■ **What you need to do**: Within the data that follows, set down exactly the lines from the one containing "filename src/Consistency/Board.antt" through the one containing "finish_order id orders", both ends included.
--*--
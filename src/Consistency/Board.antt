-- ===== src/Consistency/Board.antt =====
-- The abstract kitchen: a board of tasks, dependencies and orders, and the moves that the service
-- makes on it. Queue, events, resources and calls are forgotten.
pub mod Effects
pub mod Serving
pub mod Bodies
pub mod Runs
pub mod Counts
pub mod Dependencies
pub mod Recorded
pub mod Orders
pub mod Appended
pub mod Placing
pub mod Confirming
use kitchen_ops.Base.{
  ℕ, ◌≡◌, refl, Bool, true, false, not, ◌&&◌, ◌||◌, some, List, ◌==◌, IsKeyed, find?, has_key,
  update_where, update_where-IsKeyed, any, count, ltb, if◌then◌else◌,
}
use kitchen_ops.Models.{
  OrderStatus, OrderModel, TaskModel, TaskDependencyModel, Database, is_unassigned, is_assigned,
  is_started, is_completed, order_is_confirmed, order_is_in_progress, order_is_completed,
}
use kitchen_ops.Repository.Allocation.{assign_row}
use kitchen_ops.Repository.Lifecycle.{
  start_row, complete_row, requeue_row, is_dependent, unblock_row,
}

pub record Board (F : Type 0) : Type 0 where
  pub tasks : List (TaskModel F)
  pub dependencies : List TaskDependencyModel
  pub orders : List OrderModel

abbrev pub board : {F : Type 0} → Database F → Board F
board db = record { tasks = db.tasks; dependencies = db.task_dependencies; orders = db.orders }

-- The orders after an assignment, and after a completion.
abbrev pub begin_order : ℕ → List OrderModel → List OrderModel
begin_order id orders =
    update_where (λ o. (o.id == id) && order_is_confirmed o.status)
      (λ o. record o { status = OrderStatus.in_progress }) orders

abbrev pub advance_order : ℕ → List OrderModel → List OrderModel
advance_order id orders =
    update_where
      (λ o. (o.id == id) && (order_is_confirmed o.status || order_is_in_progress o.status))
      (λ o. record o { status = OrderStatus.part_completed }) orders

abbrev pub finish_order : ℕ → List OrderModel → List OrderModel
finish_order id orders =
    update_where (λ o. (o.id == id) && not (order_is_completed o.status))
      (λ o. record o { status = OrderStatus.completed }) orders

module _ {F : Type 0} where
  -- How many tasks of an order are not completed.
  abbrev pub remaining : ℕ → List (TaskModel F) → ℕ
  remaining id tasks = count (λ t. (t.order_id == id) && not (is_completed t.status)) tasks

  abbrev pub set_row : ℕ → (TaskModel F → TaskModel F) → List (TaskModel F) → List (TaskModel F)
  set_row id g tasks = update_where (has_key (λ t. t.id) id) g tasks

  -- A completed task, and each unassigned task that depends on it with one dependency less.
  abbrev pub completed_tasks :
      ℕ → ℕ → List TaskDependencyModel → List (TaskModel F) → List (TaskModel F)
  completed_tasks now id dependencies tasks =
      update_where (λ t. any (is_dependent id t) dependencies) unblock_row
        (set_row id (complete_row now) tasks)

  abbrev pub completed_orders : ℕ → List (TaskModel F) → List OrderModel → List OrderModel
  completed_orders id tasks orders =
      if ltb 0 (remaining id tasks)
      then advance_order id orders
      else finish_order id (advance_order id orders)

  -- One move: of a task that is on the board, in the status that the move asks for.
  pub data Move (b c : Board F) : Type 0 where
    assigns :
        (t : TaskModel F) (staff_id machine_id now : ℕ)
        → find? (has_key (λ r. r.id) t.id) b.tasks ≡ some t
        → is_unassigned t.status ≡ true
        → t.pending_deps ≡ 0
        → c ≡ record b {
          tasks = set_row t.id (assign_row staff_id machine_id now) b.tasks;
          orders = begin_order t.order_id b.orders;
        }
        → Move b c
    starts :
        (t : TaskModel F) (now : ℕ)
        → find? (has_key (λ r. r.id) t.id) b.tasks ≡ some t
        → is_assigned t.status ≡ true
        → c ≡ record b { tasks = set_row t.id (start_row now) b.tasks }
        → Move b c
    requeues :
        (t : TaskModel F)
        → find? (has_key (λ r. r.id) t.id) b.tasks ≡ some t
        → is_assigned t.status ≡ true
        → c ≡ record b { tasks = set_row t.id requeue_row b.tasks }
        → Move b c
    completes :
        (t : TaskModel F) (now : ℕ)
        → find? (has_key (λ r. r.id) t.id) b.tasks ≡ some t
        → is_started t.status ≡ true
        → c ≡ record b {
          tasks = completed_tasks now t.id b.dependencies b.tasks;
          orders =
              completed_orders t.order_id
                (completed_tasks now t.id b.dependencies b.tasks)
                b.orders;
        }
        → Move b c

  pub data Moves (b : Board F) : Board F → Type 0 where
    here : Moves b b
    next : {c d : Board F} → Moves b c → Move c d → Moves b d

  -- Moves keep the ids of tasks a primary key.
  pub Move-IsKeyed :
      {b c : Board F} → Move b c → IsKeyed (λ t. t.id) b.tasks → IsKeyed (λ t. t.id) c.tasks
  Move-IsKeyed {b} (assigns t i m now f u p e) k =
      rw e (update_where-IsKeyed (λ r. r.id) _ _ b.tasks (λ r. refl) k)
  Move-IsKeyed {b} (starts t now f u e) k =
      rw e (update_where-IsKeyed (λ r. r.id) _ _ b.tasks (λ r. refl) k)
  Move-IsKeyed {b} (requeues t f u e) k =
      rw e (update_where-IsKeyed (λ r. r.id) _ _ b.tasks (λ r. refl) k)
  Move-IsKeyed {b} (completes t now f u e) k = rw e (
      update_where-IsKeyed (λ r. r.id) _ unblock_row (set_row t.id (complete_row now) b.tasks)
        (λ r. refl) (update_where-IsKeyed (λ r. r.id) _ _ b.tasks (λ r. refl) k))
--*--
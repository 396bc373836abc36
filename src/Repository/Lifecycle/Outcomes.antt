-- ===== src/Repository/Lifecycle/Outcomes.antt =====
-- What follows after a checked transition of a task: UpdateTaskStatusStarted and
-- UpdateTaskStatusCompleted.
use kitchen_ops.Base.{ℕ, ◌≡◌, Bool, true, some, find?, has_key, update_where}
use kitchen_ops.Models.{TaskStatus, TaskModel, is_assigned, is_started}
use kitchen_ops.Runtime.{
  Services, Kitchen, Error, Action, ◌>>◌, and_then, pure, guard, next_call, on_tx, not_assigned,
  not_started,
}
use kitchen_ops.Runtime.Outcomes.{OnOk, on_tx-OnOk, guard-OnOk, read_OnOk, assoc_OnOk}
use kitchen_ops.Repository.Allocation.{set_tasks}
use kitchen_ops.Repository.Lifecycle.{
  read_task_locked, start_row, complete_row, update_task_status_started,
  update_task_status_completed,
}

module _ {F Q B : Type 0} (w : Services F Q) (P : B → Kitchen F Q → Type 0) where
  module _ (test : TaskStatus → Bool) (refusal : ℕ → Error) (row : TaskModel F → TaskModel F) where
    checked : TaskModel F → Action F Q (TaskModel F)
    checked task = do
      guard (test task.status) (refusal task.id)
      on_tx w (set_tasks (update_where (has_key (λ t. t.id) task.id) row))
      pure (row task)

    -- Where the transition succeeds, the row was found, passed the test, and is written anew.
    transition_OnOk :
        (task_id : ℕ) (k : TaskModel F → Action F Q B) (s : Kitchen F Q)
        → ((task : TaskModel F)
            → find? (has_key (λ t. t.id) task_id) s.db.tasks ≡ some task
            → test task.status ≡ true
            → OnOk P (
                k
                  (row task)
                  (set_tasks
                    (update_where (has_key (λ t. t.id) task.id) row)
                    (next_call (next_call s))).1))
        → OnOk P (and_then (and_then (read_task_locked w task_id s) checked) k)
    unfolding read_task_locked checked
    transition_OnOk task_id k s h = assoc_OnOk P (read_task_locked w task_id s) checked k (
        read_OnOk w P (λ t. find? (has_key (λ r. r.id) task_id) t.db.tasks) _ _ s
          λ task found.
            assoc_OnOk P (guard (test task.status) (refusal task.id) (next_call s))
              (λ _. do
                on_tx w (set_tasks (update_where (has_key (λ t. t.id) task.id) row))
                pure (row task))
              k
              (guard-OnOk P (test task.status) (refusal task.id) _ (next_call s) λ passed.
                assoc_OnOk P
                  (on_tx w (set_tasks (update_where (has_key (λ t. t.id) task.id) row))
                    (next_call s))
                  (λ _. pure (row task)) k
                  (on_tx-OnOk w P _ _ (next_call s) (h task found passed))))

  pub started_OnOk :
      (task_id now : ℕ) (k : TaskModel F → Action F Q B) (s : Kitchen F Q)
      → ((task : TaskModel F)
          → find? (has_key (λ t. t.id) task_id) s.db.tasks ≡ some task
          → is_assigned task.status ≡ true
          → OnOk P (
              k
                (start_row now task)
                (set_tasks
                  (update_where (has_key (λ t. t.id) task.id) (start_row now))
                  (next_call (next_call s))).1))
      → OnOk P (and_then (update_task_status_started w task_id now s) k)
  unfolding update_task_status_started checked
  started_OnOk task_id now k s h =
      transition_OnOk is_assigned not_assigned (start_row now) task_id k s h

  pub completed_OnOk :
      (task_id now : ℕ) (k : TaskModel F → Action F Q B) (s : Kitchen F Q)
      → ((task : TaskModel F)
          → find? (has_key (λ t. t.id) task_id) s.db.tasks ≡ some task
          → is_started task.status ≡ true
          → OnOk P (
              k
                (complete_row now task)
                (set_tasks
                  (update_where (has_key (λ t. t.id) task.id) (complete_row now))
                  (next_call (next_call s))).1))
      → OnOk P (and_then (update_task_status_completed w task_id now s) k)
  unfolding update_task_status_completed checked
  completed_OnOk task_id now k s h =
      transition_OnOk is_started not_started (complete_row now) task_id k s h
--*--
■ **Response box**:
filename src/Consistency/Board.antt
-- ===== src/Consistency/Board.antt =====
-- The abstract kitchen: a board of tasks, dependencies and orders, and the moves that the service
-- makes on it. Queue, events, resources and calls are forgotten.
pub mod Effects
pub mod Serving
pub mod Bodies
pub mod Runs
pub mod Counts
pub mod Dependencies
pub mod Recorded
pub mod Orders
pub mod Appended
pub mod Placing
pub mod Confirming
use kitchen_ops.Base.{
  ℕ, ◌≡◌, refl, Bool, true, false, not, ◌&&◌, ◌||◌, some, List, ◌==◌, IsKeyed, find?, has_key,
  update_where, update_where-IsKeyed, any, count, ltb, if◌then◌else◌,
}
use kitchen_ops.Models.{
  OrderStatus, OrderModel, TaskModel, TaskDependencyModel, Database, is_unassigned, is_assigned,
  is_started, is_completed, order_is_confirmed, order_is_in_progress, order_is_completed,
}
use kitchen_ops.Repository.Allocation.{assign_row}
use kitchen_ops.Repository.Lifecycle.{
  start_row, complete_row, requeue_row, is_dependent, unblock_row,
}

pub record Board (F : Type 0) : Type 0 where
  pub tasks : List (TaskModel F)
  pub dependencies : List TaskDependencyModel
  pub orders : List OrderModel

abbrev pub board : {F : Type 0} → Database F → Board F
board db = record { tasks = db.tasks; dependencies = db.task_dependencies; orders = db.orders }

-- The orders after an assignment, and after a completion.
abbrev pub begin_order : ℕ → List OrderModel → List OrderModel
begin_order id orders =
    update_where (λ o. (o.id == id) && order_is_confirmed o.status)
      (λ o. record o { status = OrderStatus.in_progress }) orders

abbrev pub advance_order : ℕ → List OrderModel → List OrderModel
advance_order id orders =
    update_where
      (λ o. (o.id == id) && (order_is_confirmed o.status || order_is_in_progress o.status))
      (λ o. record o { status = OrderStatus.part_completed }) orders

abbrev pub finish_order : ℕ → List OrderModel → List OrderModel
finish_order id orders =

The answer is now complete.